## Activity
Give a single number in reply. It is the count of lines below that contain the string "semicolon".

## Given information
* * *
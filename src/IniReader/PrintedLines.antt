-- ===== src/IniReader/PrintedLines.antt =====
-- The lines of a printed configuration, as src/cIniReader.cpp takes them apart.
use pquery.Prelude.{
  ℕ, true, false, List, [], ◌∷◌, ◌++◌, ◌≡◌, refl, sym, ap, ◌∙◌, Bytes, codes, All, All-append,
  is_space, append-nil, get_lines, get_lines_from, get_lines_from-append,
}
use pquery.IniReader.Reader.{Entries, Configuration}
use pquery.IniReader.Syntax.{
  Space, SectionLine, CommentLine, OpensComment, semicolon, hash, dashes, KeyValueLine,
}
use pquery.IniReader.Meaning.{assignment, Means, key_value}
use pquery.IniReader.Printer.{
  entry_line, section_header, entry_lines, config_lines, unlines, InLine, IsName, is_mark, IsEntry,
  IsPrintable,
}

true-ne-false : ¬ (true ≡ false)
true-ne-false h = cc

-- The first character behind an indent, in a line that begins with no white space.
first_behind :
    (indent : Bytes) (c d : ℕ) (line behind : Bytes)
    → c ∷ line ≡ indent ++ d ∷ behind
    → All Space indent
    → is_space c ≡ false
    → c ≡ d
first_behind [] c d line behind e h s = cc
first_behind (b ∷ indent) c d line behind e h s =
    let same : c ≡ b = cc in absurd (true-ne-false (sym h.0 ∙ ap is_space (sym same) ∙ s))

marked :
    {comment : Bytes}
    → OpensComment comment
    → (d : ℕ) × (t : Bytes) × (comment ≡ d ∷ t) × (is_mark d ≡ true)
unfolding is_mark
marked (semicolon {s}) = (b';', s, refl, refl)
marked (hash {s}) = (b'#', s, refl, refl)
marked (dashes {s}) = (b'-', b'-' ∷ s, refl, refl)

-- Such a line is no comment and no section, if that character does not begin one.
no_comment :
    (c : ℕ) (line : Bytes) → is_space c ≡ false → is_mark c ≡ false → ¬ CommentLine (c ∷ line)
no_comment c line s m h =
    let (d, t, e, k) = marked h.opens in
    let same =
      first_behind h.indent c d line t (h.splits ∙ ap (λ u. h.indent ++ u) e) h.indent_space s in
    true-ne-false (sym k ∙ ap is_mark (sym same) ∙ m)

no_section :
    (c : ℕ) (line name : Bytes)
    → is_space c ≡ false
    → is_mark c ≡ false
    → ¬ SectionLine (c ∷ line) name
unfolding is_mark
no_section c line name s m l =
    let same = first_behind l.indent c b'[' line (name ++ b']' ∷ []) l.splits l.indent_space s in
    true-ne-false (ap is_mark (sym same) ∙ m)

pub section_header-SectionLine :
    (name : Bytes) → IsName name → SectionLine (section_header name) name
section_header-SectionLine name h = record {
  indent = [];
  splits = refl;
  indent_space = tt;
  name_ne = h.0;
  no_bracket = h.1;
}

entry_line-KeyValueLine :
    (key value : Bytes) → IsEntry (key, value) → KeyValueLine (entry_line key value) key value
unfolding is_space
entry_line-KeyValueLine key value h = record {
  indent = [];
  gap_before = codes " ";
  gap_behind = codes " ";
  trailing = [];
  splits = ap (λ v. entry_line key v) (sym (append-nil value));
  indent_space = tt;
  is_key = h.0;
  before_space = (refl, tt);
  key_ends = refl;
  behind_space = (refl, tt);
  is_value = h.3;
  trailing_space = tt;
}

pub entry_line-Means :
    (key value : Bytes) → IsEntry (key, value) → Means (entry_line key value) (assignment key value)
entry_line-Means [] value h = elim h.0 [ ]
entry_line-Means (c ∷ key) value h =
    key_value (no_comment c _ h.0.0 h.1) (λ name. no_section c _ name h.0.0 h.1)
      (entry_line-KeyValueLine (c ∷ key) value h)

-- The lines of a text.
pub get_lines-unlines :
    (lines : List Bytes) → All (All InLine) lines → get_lines (unlines lines) ≡ lines
unfolding get_lines get_lines_from
get_lines-unlines [] h = refl
get_lines-unlines (line ∷ lines) h =
    get_lines_from-append [] line (unlines lines) h.0 ∙ ap (◌∷◌ line) (get_lines-unlines lines h.1)

entry_line-InLine : (key value : Bytes) → IsEntry (key, value) → All InLine (entry_line key value)
entry_line-InLine key value h =
    All-append InLine key (codes " = " ++ value) h.2 (refl, (refl, (refl, h.4)))

entry_lines-InLine :
    (entries : Entries) → All IsEntry entries → All (All InLine) (entry_lines entries)
entry_lines-InLine [] h = tt
entry_lines-InLine ((key, value) ∷ entries) h =
    (entry_line-InLine key value h.0, entry_lines-InLine entries h.1)

pub config_lines-InLine :
    (config : Configuration) → IsPrintable config → All (All InLine) (config_lines config)
config_lines-InLine [] h = tt
config_lines-InLine ((name, entries) ∷ config) h = (
  (refl, All-append InLine name (b']' ∷ []) h.0.2 (refl, tt)),
  All-append (All InLine) (entry_lines entries) (config_lines config)
      (entry_lines-InLine entries h.1) (config_lines-InLine config h.2),
)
* * *
## Solution to this problem
2